EU to Fine Google Over Adtech Antitrust Violations

Google’s Adtech Business Under EU Antitrust Scrutiny

EU antitrust officials are considering ordering Alphabet’s Google to end anti-competitive practices in its adtech business, but a breakup of the company is unlikely, according to people with direct knowledge of the matter. The European Union regulators are set to issue a decision with a hefty fine in the coming months, following a threat from antitrust chief Margrethe Vestager to break up Google’s lucrative adtech business last year.

If the threat had been carried out, it would have been the harshest regulatory penalty to date against Google, which has been charged with favoring its own advertising services. However, competition officials will likely not issue a breakup order due to the complexity involved, the people said. A break-up order could come at a later stage if Google continues its anti-competitive practices, they added, pointing to a precedent-setting case involving Microsoft two decades ago.

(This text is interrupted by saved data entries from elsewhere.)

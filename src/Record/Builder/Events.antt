-- ===== src/Record/Builder/Events.antt =====
-- The events that an index array and their bytes stand for.
use mathlib.Core.List.{append_assoc}
use oxihipo.Prelude.{
  ℕ, zero, suc, ◌+◌, ◌-◌, ◌*◌, ◌%◌, ◌^◌, ◌≤◌, ◌<◌, ◌≡◌, min, refl, sym, ap, ◌∙◌, inl, inr, arith,
  false, List, [], ◌∷◌, ◌++◌, none, some, ltb, leb, length, get_elem?, Bytes, ok, length-append,
  Bool-cases, leb→le, leb_false→lt, le→ltb_false,
}
use oxihipo.Wire.Bytes.{le_bytes, le_value, little}
use oxihipo.Wire.Bytes.Laws.{slice-append, read_le-append, le_value-le_bytes, length-le_bytes}
use oxihipo.Wire.RecordHeader.{RecordHeader}
use oxihipo.Event.BankBuilder.{concat}
use oxihipo.Record.Decode.{
  Record, data_section_offset, push_offsets, read_offsets, build_event_offsets, offset_at, event,
}
use oxihipo.Record.Builder.{Compression, total_data, block_header}
use oxihipo.Record.Builder.Build.{index_of, length-index_of, length-payload}

-- The ends of the events, from a first offset.
abbrev pub ends : ℕ → List Bytes → List ℕ
ends acc [] = []
ends acc (ev ∷ evs) = (acc + length ev) ∷ ends (acc + length ev) evs

push_offsets-index_of :
    (pre : Bytes) (evs : List Bytes) (post : Bytes) (i acc : ℕ)
    → i * 4 ≡ length pre
    → acc + total_data evs < 2 ^ 32
    → push_offsets (length evs) i acc (pre ++ (index_of evs ++ post))
      ≡ ok (acc + total_data evs, ends acc evs)
unfolding push_offsets
push_offsets-index_of pre [] post i acc h k = ap (λ n. ok (n, [])) (omega arith)
push_offsets-index_of pre (ev ∷ evs) post i acc h k =
    let word : Bytes = le_bytes 4 (length ev % 2 ^ 32) in
    let value : le_value word ≡ length ev =
      le_value-le_bytes 4 (length ev % 2 ^ 32) (omega arith) ∙ omega arith in
    let sum : min (acc + length ev) (2 ^ 32 - 1) ≡ acc + length ev = omega arith in
    rw
      (
        append_assoc word (index_of evs) post,
        read_le-append 4 pre word (index_of evs ++ post) (i * 4) h
            (length-le_bytes 4 (length ev % 2 ^ 32)),
        value,
        sum,
        sym (append_assoc pre word (index_of evs ++ post)),
        push_offsets-index_of (pre ++ word) evs post (suc i) (acc + length ev)
            (omega (arith, h, length-append pre word, length-le_bytes 4 (length ev % 2 ^ 32)))
            (omega arith),
      )
      (ap (λ n. ok (n, (acc + length ev) ∷ ends (acc + length ev) evs)) (omega arith))

length-ends : (acc : ℕ) (evs : List Bytes) → length (ends acc evs) ≡ length evs
length-ends acc [] = refl
length-ends acc (ev ∷ evs) = ap suc (length-ends (acc + length ev) evs)

-- An event's place among the bytes of all.
pub record Place (acc : ℕ) (evs : List Bytes) (i : ℕ) : Type 0 where
  pub before : Bytes
  pub item : Bytes
  pub after : Bytes
  pub parts : concat evs ≡ before ++ (item ++ after)
  pub found : get_elem? evs i ≡ some item
  pub first : offset_at (acc ∷ ends acc evs) i ≡ ok (acc + length before)
  pub second : offset_at (acc ∷ ends acc evs) (suc i) ≡ ok (acc + length before + length item)

pub place : (acc : ℕ) (evs : List Bytes) (i : ℕ) → i < length evs → Place acc evs i
place acc [] i h = absurd (omega arith)
place acc (ev ∷ evs) zero h = record {
  before = [];
  item = ev;
  after = concat evs;
  parts = refl;
  found = refl;
  first = ap ok (omega arith);
  second = ap ok (omega arith);
}
place acc (ev ∷ evs) (suc i) h =
    let p = place (acc + length ev) evs i (omega (arith, h)) in
    let sum : acc + length ev + length p.before ≡ acc + length (ev ++ p.before) =
      omega (arith, length-append ev p.before) in
    record {
      before = ev ++ p.before;
      item = p.item;
      after = p.after;
      parts = ap (λ x. ev ++ x) p.parts ∙ sym (append_assoc ev p.before (p.item ++ p.after));
      found = p.found;
      first = p.first ∙ ap ok sum;
      second = p.second ∙ ap (λ n. ok (n + length p.item)) sum;
    }

get_elem?-past : (evs : List Bytes) (i : ℕ) → length evs ≤ i → get_elem? evs i ≡ none
get_elem?-past [] i h = refl
get_elem?-past (ev ∷ evs) zero h = absurd (omega arith)
get_elem?-past (ev ∷ evs) (suc i) h = get_elem?-past evs i (omega (arith, h))

-- A record whose payload is an index array and the events after it.
pub event-index_of :
    (r : Record) (evs : List Bytes) (i : ℕ)
    → r.payload ≡ index_of evs ++ concat evs
    → r.event_offsets ≡ 0 ∷ ends 0 evs
    → data_section_offset r.header ≡ length evs * 4
    → event r i ≡ ok (get_elem? evs i)
unfolding event
event-index_of r evs i payload offsets start =
    elim (Bool-cases (leb (length r.event_offsets) (i + 1))) [
      | inl past ↦ rw past (
          ap ok (
            sym (
              get_elem?-past evs i
                (omega (arith, leb→le _ _ past, ap length offsets, length-ends 0 evs)))))
      | inr there ↦
          let p =
            place 0 evs i
              (omega (arith, leb_false→lt _ _ there, ap length offsets, length-ends 0 evs)) in
          let lo : offset_at r.event_offsets i ≡ ok (0 + length p.before) =
            ap (λ os. offset_at os i) offsets ∙ p.first in
          let hi : offset_at r.event_offsets (i + 1) ≡ ok (0 + length p.before + length p.item) =
            ap (λ os. offset_at os (i + 1)) offsets
            ∙ ap (offset_at (0 ∷ ends 0 evs)) {x = i + 1} {y = suc i} (omega arith)
            ∙ p.second in
          let bytes : r.payload ≡ (index_of evs ++ p.before) ++ (p.item ++ p.after) =
            payload
            ∙ ap (λ x. index_of evs ++ x) p.parts
            ∙ sym (append_assoc (index_of evs) p.before (p.item ++ p.after)) in
          let cut =
            slice-append (index_of evs ++ p.before) p.item p.after
              (data_section_offset r.header + (0 + length p.before))
              (data_section_offset r.header + (0 + length p.before + length p.item))
              (omega (arith, start, length-append (index_of evs) p.before, length-index_of evs))
              (omega (arith, start, length-append (index_of evs) p.before, length-index_of evs)) in
          rw (there, lo, hi) (rw (bytes, cut) (ap ok (sym p.found)))
    ]

pub build_event_offsets-index_of :
    (evs : List Bytes) (h : RecordHeader)
    → length evs * 4 + total_data evs < 2 ^ 32
    → h.event_count ≡ length evs
    → data_section_offset h ≡ length evs * 4
    → build_event_offsets (index_of evs ++ concat evs) h ≡ ok (0 ∷ ends 0 evs)
unfolding build_event_offsets read_offsets
build_event_offsets-index_of evs h fits count start =
    let room : ltb (length (index_of evs ++ concat evs)) (length evs * 4) ≡ false =
      le→ltb_false _ _ (omega (arith, length-payload evs)) in
    let inside : ltb (length (index_of evs ++ concat evs)) (length evs * 4 + (0 + total_data evs))
        ≡ false =
      le→ltb_false _ _ (omega (arith, length-payload evs)) in
    rw
      (
        count,
        room,
        push_offsets-index_of [] evs (concat evs) 0 0 refl (omega (arith, fits)),
        start,
        inside,
      )
      refl

pub little_header :
    (evs : List Bytes) (u1 u2 : ℕ) (c : Compression) (number pad len : ℕ)
    → (block_header evs u1 u2 c number pad len).endianness ≡ little
unfolding block_header
little_header evs u1 u2 c number pad len = refl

The European Commission’s decision could evolve, and an EU decision is unlikely to come before Vestager leaves office in November, they said, but is still theoretically possible. The Commission and Google, which has racked up 8.25 billion euros ($9.14 billion) in EU antitrust fines in the last decade, declined to comment.

Google’s 2023 advertising revenue, including from search services, Gmail, Google Play, Google Maps, YouTube, Google Ad Manager, AdMob, and AdSense, amounted to $237.85 billion or 77% of total revenues, making it the world’s dominant digital advertising platform. Vestager had suggested that Google could sell its sell-side tools DFP and its own ad exchange AdX due to conflicts of interest, as it also owns ad buying tools Google Ads and DV360, which places bids on ad exchanges.

Vestager claimed that the company had allegedly illegally favored its own ad exchange AdX in matching auctions, abusing its dominance since 2014. Google is currently the target of an antitrust trial brought by the U.S. Department of Justice, which claims that it sought to monopolize markets for publisher ad servers and advertiser ad networks, and tried to dominate the market for ad exchanges which sit in the middle.

The development comes as the tech giant faces increasing scrutiny over its business practices, with the EU and other regulators around the world investigating its dominance in various markets.